=== Extracted material ===
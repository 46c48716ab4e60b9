-- ===== src/Platform/Laws.antt =====
-- include/wnu/platform.h: a text on the serial port arrives, and addresses convert both ways.
use Prim.Native.Nat.{bit_and}
use mathlib.Core.List.{map, append_assoc, append-nil}
use wnu.Prelude.{
  ℕ, zero, suc, ◌%◌, ◌^◌, ◌<◌, ◌≤◌, ◌≡◌, refl, sym, ap, ◌∙◌, true, false, Option, some, List, [],
  ◌∷◌, ◌++◌, ◌==◌, arith, Bool-cases, inl, inr,
}
use wnu.Str.{Str}
use wnu.Sata.{Bases, phys_to_virt}
use wnu.Platform.{virt_to_phys, Ports, wait_empty, serial_putc, write_chars, serial_write}

-- A virtual address of 64 bits is what phys_to_virt of src/drivers/sata.c makes of its physical
-- address.
pub phys_to_virt-virt_to_phys :
    (b : Bases) (virt : ℕ) → virt < 2 ^ 64 → phys_to_virt b (virt_to_phys b virt) ≡ virt
unfolding phys_to_virt virt_to_phys
phys_to_virt-virt_to_phys b virt lt = omega arith

-- The data sheet of the serial port, for a transmitter that is `busy u` status reads away from
-- being empty and has sent `out u`: the wait gets shorter, an empty transmitter takes a byte and
-- sends it, and the wait after it has a bound.
pub record FollowsUart {U : Type 0} (ports : Ports U) (busy : U → ℕ) (out : U → List ℕ)
    (longest : ℕ) : Type 0 where
  pub waits :
      (u : U)
      → (bit_and (ports.inb 0x3FD u).0 0x20 == 0) ≡ true
      → busy (ports.inb 0x3FD u).1 < busy u
  pub empty :
      (u : U) → (bit_and (ports.inb 0x3FD u).0 0x20 == 0) ≡ false → busy (ports.inb 0x3FD u).1 ≡ 0
  pub quiet : (u : U) → out (ports.inb 0x3FD u).1 ≡ out u
  pub takes : (c : ℕ) (u : U) → busy u ≡ 0 → out (ports.outb 0x3F8 c u) ≡ out u ++ c ∷ []
  pub bounded : (c : ℕ) (u : U) → busy (ports.outb 0x3F8 c u) ≤ longest

module _ {U : Type 0} (ports : Ports U) (busy : U → ℕ) (out : U → List ℕ) (longest : ℕ)
    (uart : FollowsUart ports busy out longest) where
  -- The port after some bytes.
  record Sends (u : U) (bytes : List ℕ) (o : Option U) : Type 0 where
    state : U
    returns : o ≡ some state
    sent : out state ≡ out u ++ bytes
    soon : busy state ≤ longest

  -- The end of the wait, with an empty transmitter.
  record Empties (u : U) (o : Option U) : Type 0 where
    state : U
    returns : o ≡ some state
    same : out state ≡ out u
    now : busy state ≡ 0

  Empties-wait_empty : (fuel : ℕ) (u : U) → busy u < fuel → Empties u (wait_empty ports fuel u)
  unfolding wait_empty
  Empties-wait_empty zero u lt = absurd (omega arith)
  Empties-wait_empty (suc fuel) u lt = elim (Bool-cases (bit_and (ports.inb 0x3FD u).0 0x20 == 0)) [
    | inl e ↦
        let rest = Empties-wait_empty fuel (ports.inb 0x3FD u).1 (omega (arith, uart.waits u e)) in
        record {
          state = rest.state;
          returns = rw e rest.returns;
          same = rest.same ∙ uart.quiet u;
          now = rest.now;
        }
    | inr e ↦ record {
      state = (ports.inb 0x3FD u).1;
      returns = rw e refl;
      same = uart.quiet u;
      now = uart.empty u e;
    }
  ]

  Sends-serial_putc :
      (fuel c : ℕ) (u : U) → busy u < fuel → Sends u (c % 256 ∷ []) (serial_putc ports fuel c u)
  unfolding serial_putc
  Sends-serial_putc fuel c u lt =
      let w = Empties-wait_empty fuel u lt in
      rw w.returns (record {
        state = ports.outb 0x3F8 (c % 256) w.state;
        returns = refl;
        sent = uart.takes (c % 256) w.state w.now ∙ ap (λ bytes. bytes ++ c % 256 ∷ []) w.same;
        soon = uart.bounded (c % 256) w.state;
      })

  Sends-write_chars :
      (fuel : ℕ) (s : Str) (u : U)
      → longest < fuel
      → busy u ≤ longest
      → Sends u (map (λ c. c % 256) s) (write_chars ports fuel s u)
  unfolding write_chars
  Sends-write_chars fuel [] u lt le = record {
    state = u;
    returns = refl;
    sent = sym (append-nil (out u));
    soon = le;
  }
  Sends-write_chars fuel (c ∷ s) u lt le =
      let first = Sends-serial_putc fuel c u (omega arith) in
      let rest = Sends-write_chars fuel s first.state lt first.soon in
      rw first.returns (record {
        state = rest.state;
        returns = rest.returns;
        sent =
            rest.sent
            ∙ ap (λ bytes. bytes ++ map (λ d. d % 256) s) first.sent
            ∙ append_assoc (out u) (c % 256 ∷ []) (map (λ d. d % 256) s);
        soon = rest.soon;
      })

  -- If the serial port follows its data sheet and the fuel is more than its longest wait, then
  -- wnu_serial_write returns for every text, and the port has sent the low bytes of the text's
  -- characters, in order and once, after what it had sent before.
  pub serial_write_sends :
      (fuel : ℕ) (s : Str) (u : U)
      → longest < fuel
      → busy u ≤ longest
      → (v : U) × (serial_write ports fuel (some s) u ≡ some v)
        × (out v ≡ out u ++ map (λ c. c % 256) s)
  serial_write_sends fuel s u lt le =
      let r = Sends-write_chars fuel s u lt le in (r.state, r.returns, r.sent)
===
An exact copy of all the entries is the required answer.

repository 46c48716ab4e60b9
-- ===== src/Platform/Laws.antt =====
-- include/wnu/platform.h: a text on the serial port arrives, and addresses convert both ways.
use Prim.Native.Nat.{bit_and}
use mathlib.Core.List.{map, append_assoc, append-nil}
use wnu.Prelude.{
  ℕ, zero, suc, ◌%◌, ◌^◌, ◌<◌, ◌≤◌, ◌≡◌, refl, sym, ap, ◌∙◌, true, false, Option, some, List, [],
  ◌∷◌, ◌++◌, ◌==◌, arith, Bool-cases, inl, inr,
}
use wnu.Str.{Str}
use wnu.Sata.{Bases, phys_to_virt}
use wnu.Platform.{virt_to_phys, Ports, wait_empty, serial_putc, write_chars, serial_write}

-- A virtual address of 64 bits is what phys_to_virt of src/drivers/sata.c makes of its physical
-- address.
pub phys_to_virt-virt_to_phys :
    (b : Bases) (virt : ℕ) → virt < 2 ^ 64 → phys_to_virt b (virt_to_phys b virt) ≡ virt
unfolding phys_to_virt virt_to_phys
phys_to_virt-virt_to_phys b virt lt = omega arith

-- The data sheet of the serial port, for a transmitter that is `busy u` status reads away from
-- being empty and has sent `out u`: the wait gets shorter, an empty transmitter takes a byte and
-- sends it, and the wait after it has a bound.
pub record FollowsUart {U : Type 0} (ports : Ports U) (busy : U → ℕ) (out : U → List ℕ)
    (longest : ℕ) : Type 0 where
  pub waits :
      (u : U)
      → (bit_and (ports.inb 0x3FD u).0 0x20 == 0) ≡ true
      → busy (ports.inb 0x3FD u).1 < busy u
  pub empty :
      (u : U) → (bit_and (ports.inb 0x3FD u).0 0x20 == 0) ≡ false → busy (ports.inb 0x3FD u).1 ≡ 0
  pub quiet : (u : U) → out (ports.inb 0x3FD u).1 ≡ out u
  pub takes : (c : ℕ) (u : U) → busy u ≡ 0 → out (ports.outb 0x3F8 c u) ≡ out u ++ c ∷ []
  pub bounded : (c : ℕ) (u : U) → busy (ports.outb 0x3F8 c u) ≤ longest

module _ {U : Type 0} (ports : Ports U) (busy : U → ℕ) (out : U → List ℕ) (longest : ℕ)
    (uart : FollowsUart ports busy out longest) where
  -- The port after some bytes.
  record Sends (u : U) (bytes : List ℕ) (o : Option U) : Type 0 where
    state : U
    returns : o ≡ some state
    sent : out state ≡ out u ++ bytes
    soon : busy state ≤ longest

  -- The end of the wait, with an empty transmitter.
  record Empties (u : U) (o : Option U) : Type 0 where
    state : U
    returns : o ≡ some state
    same : out state ≡ out u
    now : busy state ≡ 0

  Empties-wait_empty : (fuel : ℕ) (u : U) → busy u < fuel → Empties u (wait_empty ports fuel u)
  unfolding wait_empty
  Empties-wait_empty zero u lt = absurd (omega arith)
  Empties-wait_empty (suc fuel) u lt = elim (Bool-cases (bit_and (ports.inb 0x3FD u).0 0x20 == 0)) [
    | inl e ↦
        let rest = Empties-wait_empty fuel (ports.inb 0x3FD u).1 (omega (arith, uart.waits u e)) in
        record {
          state = rest.state;
          returns = rw e rest.returns;
          same = rest.same ∙ uart.quiet u;
          now = rest.now;
        }
    | inr e ↦ record {
      state = (ports.inb 0x3FD u).1;
      returns = rw e refl;
      same = uart.quiet u;
      now = uart.empty u e;
    }
  ]

  Sends-serial_putc :
      (fuel c : ℕ) (u : U) → busy u < fuel → Sends u (c % 256 ∷ []) (serial_putc ports fuel c u)
  unfolding serial_putc
  Sends-serial_putc fuel c u lt =
      let w = Empties-wait_empty fuel u lt in
      rw w.returns (record {
        state = ports.outb 0x3F8 (c % 256) w.state;
        returns = refl;
        sent = uart.takes (c % 256) w.state w.now ∙ ap (λ bytes. bytes ++ c % 256 ∷ []) w.same;
        soon = uart.bounded (c % 256) w.state;
      })

  Sends-write_chars :
      (fuel : ℕ) (s : Str) (u : U)
      → longest < fuel
      → busy u ≤ longest
      → Sends u (map (λ c. c % 256) s) (write_chars ports fuel s u)
  unfolding write_chars
  Sends-write_chars fuel [] u lt le = record {
    state = u;
    returns = refl;
    sent = sym (append-nil (out u));
    soon = le;
  }
  Sends-write_chars fuel (c ∷ s) u lt le =
      let first = Sends-serial_putc fuel c u (omega arith) in
      let rest = Sends-write_chars fuel s first.state lt first.soon in
      rw first.returns (record {
        state = rest.state;
        returns = rest.returns;
        sent =
            rest.sent
            ∙ ap (λ bytes. bytes ++ map (λ d. d % 256) s) first.sent
            ∙ append_assoc (out u) (c % 256 ∷ []) (map (λ d. d % 256) s);
        soon = rest.soon;
      })

  -- If the serial port follows its data sheet and the fuel is more than its longest wait, then
  -- wnu_serial_write returns for every text, and the port has sent the low bytes of the text's
  -- characters, in order and once, after what it had sent before.
  pub serial_write_sends :
      (fuel : ℕ) (s : Str) (u : U)
      → longest < fuel
      → busy u ≤ longest
      → (v : U) × (serial_write ports fuel (some s) u ≡ some v)
        × (out v ≡ out u ++ map (λ c. c % 256) s)
  serial_write_sends fuel s u lt le =
      let r = Sends-write_chars fuel s u lt le in (r.state, r.returns, r.sent)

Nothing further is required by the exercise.